**Problem details:**
Extract, without alteration, each line from the start of the listing to the line bearing "Chain-cut lo hi [] a ys c = c".

== Given data ==

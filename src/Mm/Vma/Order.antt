-- ===== src/Mm/Vma/Order.antt =====
-- The order of the areas: one after the other, without overlap. The searches are read off it.
use old_boruixkernel.Common.{
  ℕ, ◌≤◌, ◌<◌, ◌≡◌, refl, subst, Option, some, List, [], ◌∷◌, ◌++◌, arith, append_assoc, All,
  All-append, All-imp, ltb, leb, Bool-cases, inl, inr, ltb→lt, ltb→ge, leb→le, leb→gt,
}
use old_boruixkernel.Mm.Vma.Area.{MemoryArea}
use old_boruixkernel.Mm.Vma.{Tree, leaf, node, areas}
use old_boruixkernel.Mm.Vma.Lookup.{find_prev_from, find_next_from}
use old_boruixkernel.Mm.Vma.Shape.{IsSound}

-- The areas lie between `lo` and `hi`, none is empty, and each ends before the next starts.
abbrev pub Chain : ℕ → ℕ → List MemoryArea → Type 0
Chain lo hi [] = lo ≤ hi
Chain lo hi (a ∷ xs) = (lo ≤ a.start) × (a.start < a.end) × Chain a.end hi xs

pub Chain-le : (lo hi : ℕ) (xs : List MemoryArea) → Chain lo hi xs → lo ≤ hi
Chain-le lo hi [] c = c
Chain-le lo hi (a ∷ xs) c = omega (arith, Chain-le a.end hi xs c.2)

-- A chain is cut at each of its areas, and two chains are joined by an area between them.
pub Chain-cut :
    (lo hi : ℕ) (xs : List MemoryArea) (a : MemoryArea) (ys : List MemoryArea)
    → Chain lo hi (xs ++ (a ∷ ys))
    → Chain lo a.start xs × (a.start < a.end) × Chain a.end hi ys
Chain-cut lo hi [] a ys c = c
Chain-cut lo hi (x ∷ xs) a ys c =
    let rest = Chain-cut x.end hi xs a ys c.2 in ((c.0, c.1, rest.0), rest.1, rest.2)

pub Chain-join :
    (lo mid next hi : ℕ) (xs ys : List MemoryArea)
    → Chain lo mid xs
    → mid ≤ next
    → Chain next hi ys
    → Chain lo hi (xs ++ ys)
Chain-join lo mid next hi [] [] c h d = omega arith
Chain-join lo mid next hi [] (y ∷ ys) c h d = (omega arith, d.1, d.2)
Chain-join lo mid next hi (x ∷ xs) ys c h d = (c.0, c.1, Chain-join x.end mid next hi xs ys c.2 h d)

abbrev pub Within : ℕ → ℕ → MemoryArea → Type 0
Within lo hi a = (lo ≤ a.start) × (a.start < a.end) × (a.end ≤ hi)

pub Chain-Within : (lo hi : ℕ) (xs : List MemoryArea) → Chain lo hi xs → All (Within lo hi) xs
Chain-Within lo hi [] c = tt
Chain-Within lo hi (a ∷ xs) c = (
  (c.0, c.1, Chain-le a.end hi xs c.2),
  All-imp (Within a.end hi) (Within lo hi) (λ b w. omega arith) xs (Chain-Within a.end hi xs c.2),
)

-- What `find_prev` finds: the last area that starts at or before the key.
pub data PrevOf (key : ℕ) (res : Option MemoryArea) (xs : List MemoryArea)
    (found : Option MemoryArea) : Type 0 where
  no_prev : found ≡ res → All (λ b. key < b.start) xs → PrevOf key res xs found
  prev :
      (ls : List MemoryArea) (a : MemoryArea) (rs : List MemoryArea)
      → xs ≡ ls ++ (a ∷ rs)
      → found ≡ some a
      → a.start ≤ key
      → All (λ b. key < b.start) rs
      → PrevOf key res xs found

above :
    (key lo hi : ℕ) (xs : List MemoryArea) → key < lo → Chain lo hi xs → All (λ b. key < b.start) xs
above key lo hi xs h c =
    All-imp (Within lo hi) (λ b. key < b.start) (λ b w. omega arith) xs (Chain-Within lo hi xs c)

PrevOf-left :
    (key : ℕ) (res found : Option MemoryArea) (xs : List MemoryArea) (a : MemoryArea)
    (ys : List MemoryArea)
    → key < a.start
    → All (λ b. key < b.start) ys
    → PrevOf key res xs found
    → PrevOf key res (xs ++ (a ∷ ys)) found
PrevOf-left key res found xs a ys h u (no_prev e all) =
    no_prev e (All-append (λ b. key < b.start) xs (a ∷ ys) all (h, u))
PrevOf-left key res found xs a ys h u (prev ls b rs e f le all) =
    prev ls b (rs ++ (a ∷ ys)) (rw (e, append_assoc)) f le
      (All-append (λ b. key < b.start) rs (a ∷ ys) all (h, u))

PrevOf-right :
    (key : ℕ) (res found : Option MemoryArea) (xs : List MemoryArea) (a : MemoryArea)
    (ys : List MemoryArea)
    → a.start ≤ key
    → PrevOf key (some a) ys found
    → PrevOf key res (xs ++ (a ∷ ys)) found
PrevOf-right key res found xs a ys h (no_prev e all) = prev xs a ys refl e h all
PrevOf-right key res found xs a ys h (prev ls b rs e f le all) =
    prev (xs ++ (a ∷ ls)) b rs (rw (e, append_assoc)) f le all

pub find_prev-PrevOf :
    (t : Tree) (key lo hi : ℕ) (res : Option MemoryArea)
    → IsSound t
    → Chain lo hi (areas t)
    → PrevOf key res (areas t) (find_prev_from t key res)
unfolding find_prev_from
find_prev-PrevOf leaf key lo hi res s c = no_prev refl tt
find_prev-PrevOf (node k a m p l r) key lo hi res s c =
    let (cl, ca, cr) = Chain-cut lo hi (areas l) a (areas r) c in
    let on_left = find_prev-PrevOf l key lo a.start res s.5 cl in
    let on_right = find_prev-PrevOf r key a.end hi (some a) s.6 cr in
    elim (Bool-cases (ltb key k)) [
      | inl e ↦
          let low : key < a.start = omega (arith, ltb→lt key k e, s.0) in
          let step : find_prev_from l key res ≡ find_prev_from (node k a m p l r) key res =
            ground arith in
          subst (PrevOf key res (areas (node k a m p l r))) step (
            PrevOf-left key res _ (areas l) a (areas r) low
              (above key a.end hi (areas r) (omega arith) cr) on_left)
      | inr e ↦
          let high : a.start ≤ key = omega (arith, ltb→ge key k e, s.0) in
          let step : find_prev_from r key (some a) ≡ find_prev_from (node k a m p l r) key res =
            ground arith in
          subst (PrevOf key res (areas (node k a m p l r))) step
            (PrevOf-right key res _ (areas l) a (areas r) high on_right)
    ]

-- What `find_next` finds: the first area that starts at or after the key.
pub data NextOf (key : ℕ) (res : Option MemoryArea) (xs : List MemoryArea)
    (found : Option MemoryArea) : Type 0 where
  no_next : found ≡ res → All (λ b. b.start < key) xs → NextOf key res xs found
  next :
      (ls : List MemoryArea) (a : MemoryArea) (rs : List MemoryArea)
      → xs ≡ ls ++ (a ∷ rs)
      → found ≡ some a
      → key ≤ a.start
      → All (λ b. b.start < key) ls
      → NextOf key res xs found

below :
    (key lo hi : ℕ) (xs : List MemoryArea) → hi ≤ key → Chain lo hi xs → All (λ b. b.start < key) xs
below key lo hi xs h c =
    All-imp (Within lo hi) (λ b. b.start < key) (λ b w. omega arith) xs (Chain-Within lo hi xs c)

NextOf-right :
    (key : ℕ) (res found : Option MemoryArea) (xs : List MemoryArea) (a : MemoryArea)
    (ys : List MemoryArea)
    → a.start < key
    → All (λ b. b.start < key) xs
    → NextOf key res ys found
    → NextOf key res (xs ++ (a ∷ ys)) found
NextOf-right key res found xs a ys h u (no_next e all) =
    no_next e (All-append (λ b. b.start < key) xs (a ∷ ys) u (h, all))
NextOf-right key res found xs a ys h u (next ls b rs e f le all) =
    next (xs ++ (a ∷ ls)) b rs (rw (e, append_assoc)) f le
      (All-append (λ b. b.start < key) xs (a ∷ ls) u (h, all))

NextOf-left :
    (key : ℕ) (res found : Option MemoryArea) (xs : List MemoryArea) (a : MemoryArea)
    (ys : List MemoryArea)
    → key ≤ a.start
    → NextOf key (some a) xs found
    → NextOf key res (xs ++ (a ∷ ys)) found
NextOf-left key res found xs a ys h (no_next e all) = next xs a ys refl e h all
NextOf-left key res found xs a ys h (next ls b rs e f le all) =
    next ls b (rs ++ (a ∷ ys)) (rw (e, append_assoc)) f le all

pub find_next-NextOf :
    (t : Tree) (key lo hi : ℕ) (res : Option MemoryArea)
    → IsSound t
    → Chain lo hi (areas t)
    → NextOf key res (areas t) (find_next_from t key res)
unfolding find_next_from
find_next-NextOf leaf key lo hi res s c = no_next refl tt
find_next-NextOf (node k a m p l r) key lo hi res s c =
    let (cl, ca, cr) = Chain-cut lo hi (areas l) a (areas r) c in
    let on_left = find_next-NextOf l key lo a.start (some a) s.5 cl in
    let on_right = find_next-NextOf r key a.end hi res s.6 cr in
    elim (Bool-cases (leb key k)) [
      | inl e ↦
          let high : key ≤ a.start = omega (arith, leb→le key k e, s.0) in
          let step : find_next_from l key (some a) ≡ find_next_from (node k a m p l r) key res =
            ground arith in
          subst (NextOf key res (areas (node k a m p l r))) step
            (NextOf-left key res _ (areas l) a (areas r) high on_left)
      | inr e ↦
          let low : a.start < key = omega (arith, leb→gt key k e, s.0) in
          let step : find_next_from r key res ≡ find_next_from (node k a m p l r) key res =
            ground arith in
          subst (NextOf key res (areas (node k a m p l r))) step (
            NextOf-right key res _ (areas l) a (areas r) low
              (below key lo a.start (areas l) (omega arith) cl) on_right)
    ]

===

**Task response:**
filename src/Mm/Vma/Order.antt
-- ===== src/Mm/Vma/Order.antt =====
-- The order of the areas: one after the other, without overlap. The searches are read off it.
use old_boruixkernel.Common.{
  ℕ, ◌≤◌, ◌<◌, ◌≡◌, refl, subst, Option, some, List, [], ◌∷◌, ◌++◌, arith, append_assoc, All,
  All-append, All-imp, ltb, leb, Bool-cases, inl, inr, ltb→lt, ltb→ge, leb→le, leb→gt,
}
use old_boruixkernel.Mm.Vma.Area.{MemoryArea}
use old_boruixkernel.Mm.Vma.{Tree, leaf, node, areas}
use old_boruixkernel.Mm.Vma.Lookup.{find_prev_from, find_next_from}
use old_boruixkernel.Mm.Vma.Shape.{IsSound}

-- The areas lie between `lo` and `hi`, none is empty, and each ends before the next starts.
abbrev pub Chain : ℕ → ℕ → List MemoryArea → Type 0
Chain lo hi [] = lo ≤ hi
Chain lo hi (a ∷ xs) = (lo ≤ a.start) × (a.start < a.end) × Chain a.end hi xs

pub Chain-le : (lo hi : ℕ) (xs : List MemoryArea) → Chain lo hi xs → lo ≤ hi
Chain-le lo hi [] c = c
Chain-le lo hi (a ∷ xs) c = omega (arith, Chain-le a.end hi xs c.2)

-- A chain is cut at each of its areas, and two chains are joined by an area between them.
pub Chain-cut :
    (lo hi : ℕ) (xs : List MemoryArea) (a : MemoryArea) (ys : List MemoryArea)
    → Chain lo hi (xs ++ (a ∷ ys))
    → Chain lo a.start xs × (a.start < a.end) × Chain a.end hi ys
Chain-cut lo hi [] a ys c = c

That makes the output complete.